Underneath the humor, however, is an interactive mental health site that walks men through depression screening tools, explanations of how feelings work and resources for getting their lives back on track. “Men aren’t reaching out for support, and this very much applies to the blue-collar, working man,” explains Nathaan Demers, a clinical psychologist and vice president and director of GRIT Digital Health who says that working-age men are considered to be at double jeopardy for suicide because they’re the most likely to die from suicide, and the least likely to reach out for support. “So much of the messaging around mental health is feminine and doesn’t resonate with that male voice. Men have a pull yourself-up-by-the-bootstraps, don’t-show-your-emotion attitude, so we developed Man Therapy and Dr. Rich Mahogany as part football coach, part drinking buddy and part therapist.”
He adds, “Working-age men also aren’t cruising the internet looking to take a depression screening test.”

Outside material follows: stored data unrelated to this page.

-- ===== src/Km/Interleave/Receiving.antt =====
-- The receive handler on a cache whose used slots may stand anywhere: `read` frees slots while new
-- packets come in.
use thesis_b_cs_tu_berlin.Prelude.{
  ℕ, zero, suc, ◌+◌, ◌-◌, ◌*◌, ◌%◌, ◌≤◌, ◌<◌, ◌==◌, if◌then◌else◌, ◌≡◌, refl, sym, subst, ◌∙◌, ◌≢◌,
  ◌⊎◌, inl, inr, Bool, true, false, not, some, List, [], ◌∷◌, arith,
}
use native.Mathlib.Decide.{ℕ_discrete}
use thesis_b_cs_tu_berlin.Params.{pkt_buffer_size, max_pkt, km_find_buff_slot_max_try}
use thesis_b_cs_tu_berlin.Memory.{Bytes, shift}
use thesis_b_cs_tu_berlin.Km.{Km, SkBuff, is_for_us, fill_slot, find_slot, rxh_packet_in}
use thesis_b_cs_tu_berlin.Km.Window.{slot_of, slot_of_same}
use thesis_b_cs_tu_berlin.Km.Fill.{filled, packet_slot, filled-slot, copy_other}
use thesis_b_cs_tu_berlin.Km.Receive.{
  HasPayload, dropped, counted, fill_slot_lem, find_slot_free, take_packet_lem,
}
use thesis_b_cs_tu_berlin.Km.Interleave.{all_used}
use thesis_b_cs_tu_berlin.Km.Interleave.Slots.{
  count, mem, weight, cached, total-change, all_used-true, all_used-false,
}

-- The search fills a free slot, or has found none in all its rounds.
abbrev pub Found : SkBuff → ℕ → ℕ → Km → Type 0
Found pkt rounds w s =
    ((i : ℕ) × (i < max_pkt)
      × (s.status i ≡ 0)
      × (find_slot pkt (suc rounds) w s ≡ fill_slot pkt i s))
    ⊎ (((k : ℕ) → k ≤ rounds → s.status ((w + k) % max_pkt) ≢ 0)
        × (find_slot pkt (suc rounds) w s ≡ some (dropped s)))

first_free :
    (pkt : SkBuff) (rounds w : ℕ) (s : Km) → w < max_pkt → s.status w ≡ 0 → Found pkt rounds w s
first_free pkt rounds w s hw free = inl (w, hw, free, find_slot_free pkt rounds w s free)

not_first :
    (pkt : SkBuff) (rounds w : ℕ) (s : Km)
    → s.status w ≢ 0
    → find_slot pkt (suc (suc rounds)) w s ≡ find_slot pkt (suc rounds) ((w + 1) % max_pkt) s
unfolding find_slot
not_first pkt rounds w s used =
    let taken : (s.status w == 0) ≡ false = ground arith in
    let not_last : (suc rounds == 0) ≡ false = ground arith in rw (taken, not_last) refl

only_round :
    (pkt : SkBuff) (w : ℕ) (s : Km) → s.status w ≢ 0 → find_slot pkt 1 w s ≡ some (dropped s)
unfolding find_slot
only_round pkt w s used = let taken : (s.status w == 0) ≡ false = ground arith in rw taken refl

pub find_slot-Found : (pkt : SkBuff) (rounds w : ℕ) (s : Km) → w < max_pkt → Found pkt rounds w s
find_slot-Found pkt zero w s hw = elim (ℕ_discrete (s.status w) 0) [
  | yes free ↦ first_free pkt zero w s hw free
  | no used ↦
      inr ((λ k hk e. used (subst (λ i. s.status i ≡ 0) (omega arith) e)), only_round pkt w s used)
]
find_slot-Found pkt (suc rounds) w s hw = elim (ℕ_discrete (s.status w) 0) [
  | yes free ↦ first_free pkt (suc rounds) w s hw free
  | no used ↦ elim (find_slot-Found pkt rounds ((w + 1) % max_pkt) s (omega arith)) [
    | inl (i, hi, free, e) ↦ inl (i, hi, free, not_first pkt rounds w s used ∙ e)
    | inr (none_free, e) ↦ inr (
      λ k hk. elim (ℕ_discrete k 0) [
        | yes zeroth ↦ λ h. used (subst (λ i. s.status i ≡ 0) (omega arith) h)
        | no later ↦
            λ h. none_free (k - 1) (omega arith) (subst (λ i. s.status i ≡ 0) (omega arith) h)
      ],
      not_first pkt rounds w s used ∙ e,
    )
  ]
]

-- Every free slot is zero.
abbrev pub FreeClean : Km → Type 0
FreeClean s =
    (i j : ℕ)
    → i < max_pkt
    → j < pkt_buffer_size
    → s.status i ≡ 0
    → s.buff_from_here (i * pkt_buffer_size + j) ≡ 0

-- What the handler leaves where it was: the slots in use, and with them what they hold.
pub record Kept (s s' : Km) : Type 0 where
  pub index_in : s'.current_index < max_pkt
  pub clean : FreeClean s'
  pub used : (i : ℕ) → s.status i ≢ 0 → s'.status i ≢ 0
  pub same : (i : ℕ) → s.status i ≢ 0 → slot_of s'.buff_from_here i ≡ slot_of s.buff_from_here i

module _ (pkt : SkBuff) (n i : ℕ) (s : Km) (fits : n ≤ pkt_buffer_size) (hi : i < max_pkt)
    (free : s.status i ≡ 0) (clean : FreeClean s) where
  filled_other :
      (k : ℕ) → k ≢ i → slot_of (filled pkt n i s).buff_from_here k ≡ slot_of s.buff_from_here k
  filled_other k ne = sym (
      slot_of_same s.buff_from_here (filled pkt n i s).buff_from_here k
        (copy_other s.buff_from_here (shift pkt.linear.bytes (pkt.pkt_data + 28)) i n fits ne))

  pub filled-Kept : Kept s (filled pkt n i s)
  filled-Kept = record {
    index_in = omega arith;
    clean = λ k j hk hj h. elim (ℕ_discrete k i) [
      | yes here ↦ absurd (ground arith)
      | no other ↦
          sym (
            copy_other s.buff_from_here (shift pkt.linear.bytes (pkt.pkt_data + 28)) i n fits other
              j hj)
          ∙ clean k j hk hj (ground arith)
    ];
    used = λ k u. ground arith;
    same = λ k u. filled_other k (λ e. u (subst (λ m. s.status m ≡ 0) (sym e) free));
  }

  pub cached-filled :
      (test : Bytes → Bool) (out : List ℕ)
      → mem i out ≡ false
      → cached test out (filled pkt n i s) ≡ cached test out s + count test (packet_slot pkt n ∷ [])
  unfolding count
  cached-filled test out in_cache = omega (arith, changed, before, after)
    where
      changed :
          cached test out (filled pkt n i s) + weight test out s.status s.buff_from_here i
          ≡ cached test out s
            + weight test out (filled pkt n i s).status (filled pkt n i s).buff_from_here i
      changed = total-change max_pkt _ _ i hi λ k hk ne. rw (filled_other k ne) (ground arith)

      before : weight test out s.status s.buff_from_here i ≡ 0
      before = rw free refl

      after :
          weight test out (filled pkt n i s).status (filled pkt n i s).buff_from_here i
          ≡ (if test (packet_slot pkt n) then 1 else 0)
      after =
          rw (in_cache, filled-slot pkt n i s fits (λ j hj. clean i j hi hj free)) (ground arith)

-- What the packet adds to the cache.
abbrev pub added : SkBuff → ℕ → Km → List Bytes
added pkt n s = if not (all_used max_pkt s.status) then packet_slot pkt n ∷ [] else []

-- The handler on a packet of its own: the packet goes into a free slot, and is dropped only if all
-- are in use.
pub rxh_packet_in-Kept :
    (pkt : SkBuff) (n now : ℕ) (s : Km)
    → s.current_index < max_pkt
    → FreeClean s
    → HasPayload n pkt
    → n ≤ pkt_buffer_size
    → is_for_us pkt ≡ some true
    → (s' : Km) × (rxh_packet_in pkt now s ≡ some s')
      × Kept s s'
      × ((test : Bytes → Bool) (out : List ℕ)
          → ((i : ℕ) → s.status i ≡ 0 → mem i out ≡ false)
          → cached test out s' ≡ cached test out s + count test (added pkt n s))
unfolding rxh_packet_in count
rxh_packet_in-Kept pkt n now s hc clean hp fits ours =
    elim (find_slot-Found pkt 199 s.current_index (counted pkt now s) hc) [
      | inl (i, hi, free, e) ↦ (
        filled pkt n i (counted pkt now s),
        start ∙ e ∙ fill_slot_lem pkt n i (counted pkt now s) hp (omega arith),
        keep (filled-Kept pkt n i (counted pkt now s) fits hi free clean),
        λ test out in_cache. rw (all_used-false max_pkt i s.status hi free) (
            cached-filled pkt n i (counted pkt now s) fits hi free clean test out
              (in_cache i free)),
      )
      | inr (none_free, e) ↦ (
        dropped (counted pkt now s),
        start ∙ e,
        record { index_in = hc; clean = clean; used = λ i u. u; same = λ i u. refl },
        λ test out in_cache. rw (all_used-true max_pkt s.status (full none_free)) (omega arith),
      )
    ]
  where
    start :
        rxh_packet_in pkt now s
        ≡ find_slot pkt km_find_buff_slot_max_try s.current_index (counted pkt now s)
    start = rw ours (take_packet_lem pkt now s hp.uid_there)

    keep : {s' : Km} → Kept (counted pkt now s) s' → Kept s s'
    keep k = record { index_in = k.index_in; clean = k.clean; used = k.used; same = k.same }

    full :
        ((k : ℕ) → k ≤ 199 → s.status ((s.current_index + k) % max_pkt) ≢ 0)
        → (i : ℕ) → i < max_pkt
        → s.status i ≢ 0
    full none_free i hi h =
        none_free ((i + max_pkt - s.current_index) % max_pkt) (omega arith)
          (subst (λ m. s.status m ≡ 0) (omega arith) h)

Thus, even the Man Therapy 20-point head inspection, which serves the same purpose as the official PHQ-9 questionnaire given by doctors to assess depression severity, packs an irreverent punch. For example, before asking you about your sleep habits, it reads: “Did you know koalas sleep 18 hours a day? Lazy little bastards.”
While it might seem unnecessary to need to entice men in such a comical way to address their feelings, it’s important to understand that by not attending college, working-class men skipped a lot of touch points around mental health. “There’s a culture and climate on college campuses that says it’s more acceptable to reach out for support and use these services,” Demers explains. “Higher education also tends to be a pretty progressive place. It promotes introspection and looking at one’s self and personal growth. If you go right into the workforce — and my father did, as a cabinet maker — people don’t talk about feelings, and if you cry, you’re weak. That encourages people to stuff their emotions. Dying by suicide then can be less scary or intimidating than admitting vulnerabilities.”
There are particular stressors, too, that can contribute to the suicide rate for working-class men: The loss of a parent. Divorce. A bad marriage. The decline in marriage overall. And maybe most of all — job loss. “A lot of times, men identify their worth and value with their job,” Demers says. “Losing a job and not being able to provide for their family has a lot of implications with one’s self-worth and identity.” (Still, he cautions against thinking of suicide as an act that can be tracked back to a single cause. “It’s never one thing,” he stresses. “It might be the straw that broke the camel’s back, but it’s never just one reason.”)
Given the gravity of all of this, as Man Therapy progressed in development, there were some concerns about the tone coming off as mocking or too lighthearted for something so grim. But the Office of Suicide Prevention in Colorado, which is part of the state’s Department of Public Health, felt strongly that the humor was perfectly suited to the difficulty of the subject, just as jokey campaigns in the past have been used to get men to pay more attention to prostate exams and erectile dysfunction.
They were right, too. Once Man Therapy was pushed out into the world, it clicked with men fast — and spread even faster. Today, it’s helped more than 300,000 men with depression screenings, and over 30,000 men have accessed its crisis information, which in many cases, has saved lives. “One man called and broke down in tears,” Demers says. “He said, ‘Your website saved my life last night. He had a loaded gun, but he clicked on the red phone on the site [which connects users to the National Suicide Hotline], and it ended up saving his life.”